Comprehensive Meta-analysis Version 2.033 was used for the analysis. The mean difference in scores between studies reporting contrasts of schizophrenia patients and healthy controls on measures of facial emotion identification or differentiation was standardized by calculating Cohen d, the difference between the 2 raw means divided by the pooled SD. In order to control for study differences in sample size when mean effect sizes were computed, studies were weighted according to their inverse variance estimates. Effect sizes are typically categorized as small (d = 0.2), medium (d = 0.5), or large (d ≥ 0.8) based on these methods.34 In order to determine whether mean effect sizes were statistically significant, the CI and z transformation of the effect size were used. The Cochran Q statistic was utilized to assess homogeneity of the effect sizes across studies for each facial emotion domain.35 The significance level of the mean effect sizes was computed using fixed-effects linear models except when the Q statistic revealed significant within-group heterogeneity, in which case a random-effects model was used. The pooled estimates by the random-effects model did not differ significantly from those obtained by the fixed-effects model. The presented results are according to the latter. Possible effect size moderators were examined in those domains with significant heterogeneity, based on the Q statistic and meta-regression techniques.
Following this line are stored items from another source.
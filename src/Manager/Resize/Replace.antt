-- ===== src/Manager/Resize/Replace.antt =====
-- What `mem_resize` promises, and the ways in which it frees first and allocates then.
use assignment2_c.Prelude.{
  ℕ, suc, ◌+◌, ◌-◌, ◌≡◌, ◌≢◌, ◌≤◌, ◌<◌, ◌⊎◌, refl, List, arith, length, Bool-cases, inl, inr, ◌==◌,
  eq_of_==, ◌∙◌, lt→ltb, le→leb, ==_of_ne,
}
use assignment2_c.Manager.{Adress, null, BlockTable, Manager, Run, ok, holding, int_max}
use assignment2_c.Manager.Layout.{IsValid}
use assignment2_c.Manager.Layout.FirstFit.{NoFit}
use assignment2_c.Manager.Layout.Used.{used, Ranges, Inserted, without, used-Ranges}
use assignment2_c.Manager.Layout.Ranges.{In, apart}
use assignment2_c.Manager.Alloc.{Realloc, mem_alloc}
use assignment2_c.Manager.Alloc.Take.{HasRoom}
use assignment2_c.Manager.Alloc.HandOut.{mem_alloc-HandsOut}
use assignment2_c.Manager.Free.{mem_free}
use assignment2_c.Manager.Resize.{moved, memmove, replace_block}

-- The block of `old` bytes at `p` has become one of `size` bytes at `adress`. Its first bytes are
-- kept, and so is every byte of the other blocks that are handed out.
pub record Resized (s : Manager) (xs : BlockTable) (p old size : ℕ) (r : Run Adress) : Type 0 where
  pub adress : Adress
  pub blocks : BlockTable
  pub junk : BlockTable
  pub bytes : Adress → ℕ
  pub returns : r ≡ ok adress (record (holding s blocks junk) { bytes = bytes })
  pub ne_null : adress ≢ null
  pub valid : IsValid s blocks
  pub inserted : Inserted (adress, size) (without p (used xs)) (used blocks)
  pub content : (k : ℕ) → k < old → k < size → bytes (adress + k) ≡ s.bytes (p + k)
  pub others : (q m k : ℕ) → In q m (without p (used xs)) → k < m → bytes (q + k) ≡ s.bytes (q + k)

-- Inside `mem_resize` the lock is held once more.
abbrev pub locked : Manager → Manager
locked s = record s { lock_depth = suc s.lock_depth }

pub IsValid-same :
    (s t : Manager) (xs : BlockTable)
    → s.mem_pool_start ≡ t.mem_pool_start
    → s.mem_pool_size ≡ t.mem_pool_size
    → IsValid s xs
    → IsValid t xs
IsValid-same s t xs e f v = record {
  started = λ z. v.started (e ∙ z);
  tiling = rw (← e, ← f) v.tiling;
  merged = v.merged;
  in_range = omega (arith, v.in_range, e, f);
}

pub memmove_lem :
    (s : Manager) (to from n : ℕ)
    → to ≢ null
    → from ≢ null
    → memmove to from n s ≡ ok tt (record s { bytes = moved s.bytes to from n })
unfolding memmove
memmove_lem s to from n h k = rw (==_of_ne to null h, ==_of_ne from null k)

pub moved_inside :
    (bytes : Adress → ℕ) (to from n k : ℕ)
    → k < n
    → moved bytes to from n (to + k) ≡ bytes (from + k)
moved_inside bytes to from n k h =
    let e : to + k - to ≡ k = omega arith in
    rw (le→leb to (to + k) (omega arith), lt→ltb (to + k) (to + n) (omega arith), e)

pub moved_outside :
    (bytes : Adress → ℕ) (to from n a : ℕ)
    → (a < to) ⊎ (to + n ≤ a)
    → moved bytes to from n a ≡ bytes a
moved_outside bytes to from n a h = ground arith

-- Moving bytes into the new block spares every other block.
pub spared :
    (bytes : Adress → ℕ) (us vs : List (Adress × ℕ)) (to from n size q m k a end : ℕ)
    → Inserted (to, size) us vs
    → Ranges a vs end
    → n ≤ size
    → In q m us
    → k < m
    → moved bytes to from n (q + k) ≡ bytes (q + k)
spared bytes us vs to from n size q m k a end i r small there lt =
    moved_outside bytes to from n (q + k) (elim (apart us vs to size q m a end i r there) [
      | inl before ↦ inl (omega arith)
      | inr behind ↦ inr (omega arith)
    ])

-- The state after the block is freed has the live blocks `ys`; `n` bytes are moved.
module _ (realloc : Realloc) (s : Manager) (xs ys junk junk' : BlockTable) (p old size n : ℕ)
    (freed_first : mem_free p (holding (locked s) xs junk) ≡ ok tt (holding (locked s) ys junk'))
    (rest_used : used ys ≡ without p (used xs)) (given : p ≢ null) where
  allocated :
      (q : Adress) (zs junk'' : BlockTable)
      → mem_alloc realloc size (holding (locked s) ys junk') ≡ ok q (holding (locked s) zs junk'')
      → q ≢ null
      → IsValid s zs
      → Inserted (q, size) (used ys) (used zs)
      → n ≤ size
      → ((k : ℕ) → k < old → k < size → k < n)
      → Resized s xs p old size (replace_block realloc p size n (holding (locked s) xs junk))
  unfolding replace_block
  allocated q zs junk'' e ne v i small enough =
      let i' : Inserted (q, size) (without p (used xs)) (used zs) = rw rest_used at i in
      elim (Bool-cases (q == p)) [
        | inl same ↦ record {
          adress = p;
          blocks = zs;
          junk = junk'';
          bytes = s.bytes;
          returns = rw (freed_first, e, same);
          ne_null = given;
          valid = v;
          inserted = rw (eq_of_== q p same) at i';
          content = λ k h l. refl;
          others = λ r m k h l. refl;
        }
        | inr other ↦ record {
          adress = q;
          blocks = zs;
          junk = junk'';
          bytes = moved s.bytes q p n;
          returns =
              rw (freed_first, e, other, memmove_lem (holding (locked s) zs junk'') q p n ne given);
          ne_null = ne;
          valid = v;
          inserted = i';
          content = λ k h l. moved_inside s.bytes q p n k (enough k h l);
          others = λ r m k h l.
              spared s.bytes (without p (used xs)) (used zs) q p n size r m k _ _ i'
                (used-Ranges zs _ _ v.tiling) small h l;
        }
      ]

  -- Freed first: this succeeds when the freed room is large enough.
  pub replace_block-Resized :
      HasRoom realloc
      → 0 < size
      → length ys < int_max
      → IsValid s ys
      → ¬ NoFit size ys
      → n ≤ size
      → ((k : ℕ) → k < old → k < size → k < n)
      → Resized s xs p old size (replace_block realloc p size n (holding (locked s) xs junk))
  replace_block-Resized room pos few v fit small enough =
      elim (mem_alloc-HandsOut realloc size (locked s) ys junk' room pos few
        (IsValid-same s (locked s) ys refl refl v)) [
          | inl (e, none_fits) ↦ absurd (fit none_fits)
          | inr h ↦
              allocated h.adress h.blocks h.junk h.returns h.ne_null
                (IsValid-same (locked s) s h.blocks refl refl h.valid) h.inserted small enough
        ]
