-- ===== src/Manager/Layout/Room.antt =====
-- A block is put in the place of another; and the room that freeing a block makes.
use assignment2_c.Prelude.{
  ℕ, ◌+◌, ◌≡◌, ◌≤◌, refl, true, not, ◌&&◌, [], ◌∷◌, ◌++◌, arith, Bool-cases, last-cases, inl, inr,
  length, append_assoc, if◌then◌else◌,
}
use assignment2_c.Manager.{MemoryBlock, BlockTable, Adress}
use assignment2_c.Manager.Layout.{
  IsTiling, IsMerged, head_free, freed, joined, push_block, coalesce, mark_free,
}
use assignment2_c.Manager.Layout.FirstFit.{NoFit}
use assignment2_c.Manager.Layout.Coalesce.{coalesce-first, coalesce-behind, push_block-joined}

-- The end of a tiling may be replaced by what tiles the same range.
pub IsTiling-replace :
    (pre ys zs : BlockTable) (a end : Adress)
    → ((m : Adress) → IsTiling m ys end → IsTiling m zs end)
    → IsTiling a (pre ++ ys) end
    → IsTiling a (pre ++ zs) end
IsTiling-replace [] ys zs a end f t = f a t
IsTiling-replace (b ∷ pre) ys zs a end f t =
    (t.0, t.1, IsTiling-replace pre ys zs (a + b.size) end f t.2)

pub IsMerged-replace :
    (pre ys zs : BlockTable)
    → head_free zs ≡ head_free ys
    → IsMerged zs
    → IsMerged (pre ++ ys)
    → IsMerged (pre ++ zs)
IsMerged-replace [] ys zs h m k = m
IsMerged-replace (b ∷ []) ys zs h m k = (rw h k.0, m)
IsMerged-replace (b ∷ c ∷ pre) ys zs h m k = (k.0, IsMerged-replace (c ∷ pre) ys zs h m k.1)

NoFit-append : (n : ℕ) (pre ys : BlockTable) → NoFit n (pre ++ ys) → NoFit n ys
NoFit-append n [] ys f = f
NoFit-append n (b ∷ pre) ys f = NoFit-append n pre ys f.1

-- The size of the first block, if it is free.
abbrev pub free_size : BlockTable → ℕ
free_size [] = 0
free_size (c ∷ cs) = if not c.is_used then c.size else 0

-- A free block put in front of a list can be handed out, with the free block behind it.
push_block-fits :
    (n : ℕ) (b : MemoryBlock) (bs : BlockTable)
    → not b.is_used ≡ true
    → n ≤ b.size + free_size bs
    → ¬ NoFit n (push_block b bs)
push_block-fits n b [] free h f = ground arith
push_block-fits n b (c ∷ cs) free h f = elim (Bool-cases (not c.is_used)) [
  | inl e ↦
      let g : NoFit n (joined b c ∷ cs) = rw (free, e) at f in
      let k : n ≤ b.size + c.size = rw e at h in ground arith
  | inr e ↦
      let g : NoFit n (b ∷ c ∷ cs) = rw (free, e) at f in
      let k : n ≤ b.size + 0 = rw e at h in ground arith
]

push_block-fits_behind :
    (n : ℕ) (a : MemoryBlock) (bs : BlockTable) → ¬ NoFit n bs → ¬ NoFit n (push_block a bs)
push_block-fits_behind n a [] fit f = fit tt
push_block-fits_behind n a (c ∷ cs) fit f = elim (Bool-cases (not a.is_used && not c.is_used)) [
  | inl e ↦ let g : NoFit n (joined a c ∷ cs) = rw e at f in fit (ground arith, g.1)
  | inr e ↦ let g : NoFit n (a ∷ c ∷ cs) = rw e at f in fit g.1
]

-- Once a block is freed, as many bytes can be allocated as it has with the free block behind it.
freed-fits_first :
    (n : ℕ) (b : MemoryBlock) (post : BlockTable)
    → IsMerged (b ∷ post)
    → n ≤ b.size + free_size post
    → ¬ NoFit n (coalesce (freed b ∷ post))
freed-fits_first n b post m h f =
    push_block-fits n (freed b) post refl h (rw (coalesce-first b post m) at f)

pub freed-fits_behind :
    (n : ℕ) (pre : BlockTable) (a b : MemoryBlock) (post : BlockTable)
    → IsMerged (pre ++ a ∷ b ∷ post)
    → n ≤ b.size + free_size post
    → ¬ NoFit n (coalesce (pre ++ a ∷ freed b ∷ post))
freed-fits_behind n pre a b post m h f =
    push_block-fits_behind n a (push_block (freed b) post) (push_block-fits n (freed b) post refl h)
      (NoFit-append n pre (push_block a (push_block (freed b) post))
        (rw (coalesce-behind pre a b post m) at f))

-- If the block in front of it is free too, its bytes are added.
pub freed-fits_joined :
    (n : ℕ) (pre : BlockTable) (a b : MemoryBlock) (post : BlockTable)
    → IsMerged (pre ++ a ∷ b ∷ post)
    → not a.is_used ≡ true
    → n ≤ a.size + b.size + free_size post
    → ¬ NoFit n (coalesce (pre ++ a ∷ freed b ∷ post))
freed-fits_joined n pre a b post m free h f = push_block-fits n (joined a (freed b)) post free h (
    rw (push_block-joined a (freed b) post free refl) at (
      NoFit-append n pre (push_block a (push_block (freed b) post))
        (rw (coalesce-behind pre a b post m) at f)))

pub freed-fits :
    (n : ℕ) (pre : BlockTable) (b : MemoryBlock) (post : BlockTable)
    → IsMerged (pre ++ b ∷ post)
    → n ≤ b.size + free_size post
    → ¬ NoFit n (coalesce (pre ++ freed b ∷ post))
freed-fits n pre b post m h f = elim (last-cases pre) [
  | inl e ↦ freed-fits_first n b post (rw e at m) h (rw e at f)
  | inr (ys, a, e) ↦
      freed-fits_behind n ys a b post (rw (append_assoc ys (a ∷ []) (b ∷ post)) at (rw e at m)) h
        (rw (append_assoc ys (a ∷ []) (freed b ∷ post)) at (rw e at f))
]

length-push_block : (b : MemoryBlock) (bs : BlockTable) → length (push_block b bs) ≤ length (b ∷ bs)
length-push_block b [] = omega arith
length-push_block b (c ∷ cs) = ground arith

pub length-coalesce : (xs : BlockTable) → length (coalesce xs) ≤ length xs
unfolding coalesce
length-coalesce [] = omega arith
length-coalesce (b ∷ bs) = omega (arith, length-push_block b (coalesce bs), length-coalesce bs)

pub length-mark_free : (p : Adress) (xs : BlockTable) → length (mark_free p xs) ≡ length xs
unfolding mark_free
length-mark_free p [] = refl
length-mark_free p (b ∷ bs) = ground (arith, length-mark_free p bs)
Cohen d values are provided for categorical moderating variables and are based on group comparisons but not for continuous moderating variables, where Cohen d values are based on unit of measure comparisons (ie, Scheduled Assessment of Positive Symptoms [SAPS] scores, % gender, etc) and do not yield information that can be easily interpreted. Analysis of facial emotion perception differences was performed including all eligible studies. Publication bias was assessed graphically using a funnel plot and mathematically using an adjusted rank correlation test, according to the methods of Begg and Mazumdar36 and Egger et al.37 Further analysis included comparison of studies grouped by task design and those reporting on relevant demographic and clinical characteristics and antipsychotic status.

Results

Search Results

Out of 91 articles examined in detail, 53 articles totaling 86 studies were identified that reported the results of comparative studies of facial emotion identification and differentiation6,8,9,12,1923,26,3880 employing photographic images of emotion expressions. Thirty-eight articles were excluded for reasons of lack of control groups (N = 13),11,18,8191 lack of data or statistics that precluded meta-analysis (N = 11),13,92101 and tests that included ratings for friendliness/pleasantness or evaluation of video scenes (N = 8)3,17,102107 because these tasks did not necessarily focus on perception of facial emotions and other reasons (N = 6).9,27,108111

Overall Meta-analysis Results

Analysis of facial identification and differentiation impairment collapsed across the entire sample revealed a large overall effect size (N = 3822, d = −0.91, 95% CI = −0.97 < δ < −0.84) that was significantly heterogeneous (QB[76] = 295.7, P < .001). Evidence of publication bias was observed, as indicated by an asymmetric funnel plot and a significant Begg test (P = .005, 1 tailed) and Egger test (P = .003, 1 tailed). In light of this finding, we calculated a fail-safe N, which revealed that 9538 “null” studies would have to be located and included in order to nullify the observed effect. Effect sizes for the individual studies included in the meta-analysis are illustrated in figure 1. To further probe the variability among effect sizes, we proceeded to analyze psychometric, clinical, and demographic variables that might explain this heterogeneity.

Fig. 1.

Fig. 1.

Individual Effect Sizes (Cohen d and 95% CIs) for Emotion Perception Studies.

Task Type

Examination of experimental tasks used to probe facial emotion perception revealed that all tasks could be broken down into tests tapping the domains of facial emotion identification or differentiation. Comparisons of effect sizes for studies examining facial affect identification (N = 59 studies, d = −0.89, 95% CI = −1.05 < δ < −0.75) and differentiation (N = 27 studies, d = −1.09, 95% CI = −1.29 < δ < −0.89) revealed large performance deficits that did not differ significantly from each other (QB[33] = 2.46, P = .117) (figure 2). For the remainder of the analyses, the 2 test domains were collapsed into a single variable and are collectively referred to as “facial emotion perception.”

Fig. 2.

Fig. 2.

Effect Sizes (Cohen d and 95% CI) for Facial Emotion Identification and Differentiation Deficits.

Clinical Characteristics

Diagnosis

Studies were either comprised of a sole diagnosis of schizophrenia or a mix of patients with schizophrenia and schizoaffective disorder. Effect sizes for the schizophrenia diagnosis (N = 71 studies, d = −0.98, 95% CI = −1.12 < δ < −0.85) and the mixed diagnoses (N = 15 studies (d = −0.85, 95% CI = −1.09 < δ < −0.61) were very large and did not differ significantly from each other (QB[33] = 0.90, P = .34). Although of interest, there were too few studies (N = 2)38,47 examining first-episode patients to allow for meaningful comparisons.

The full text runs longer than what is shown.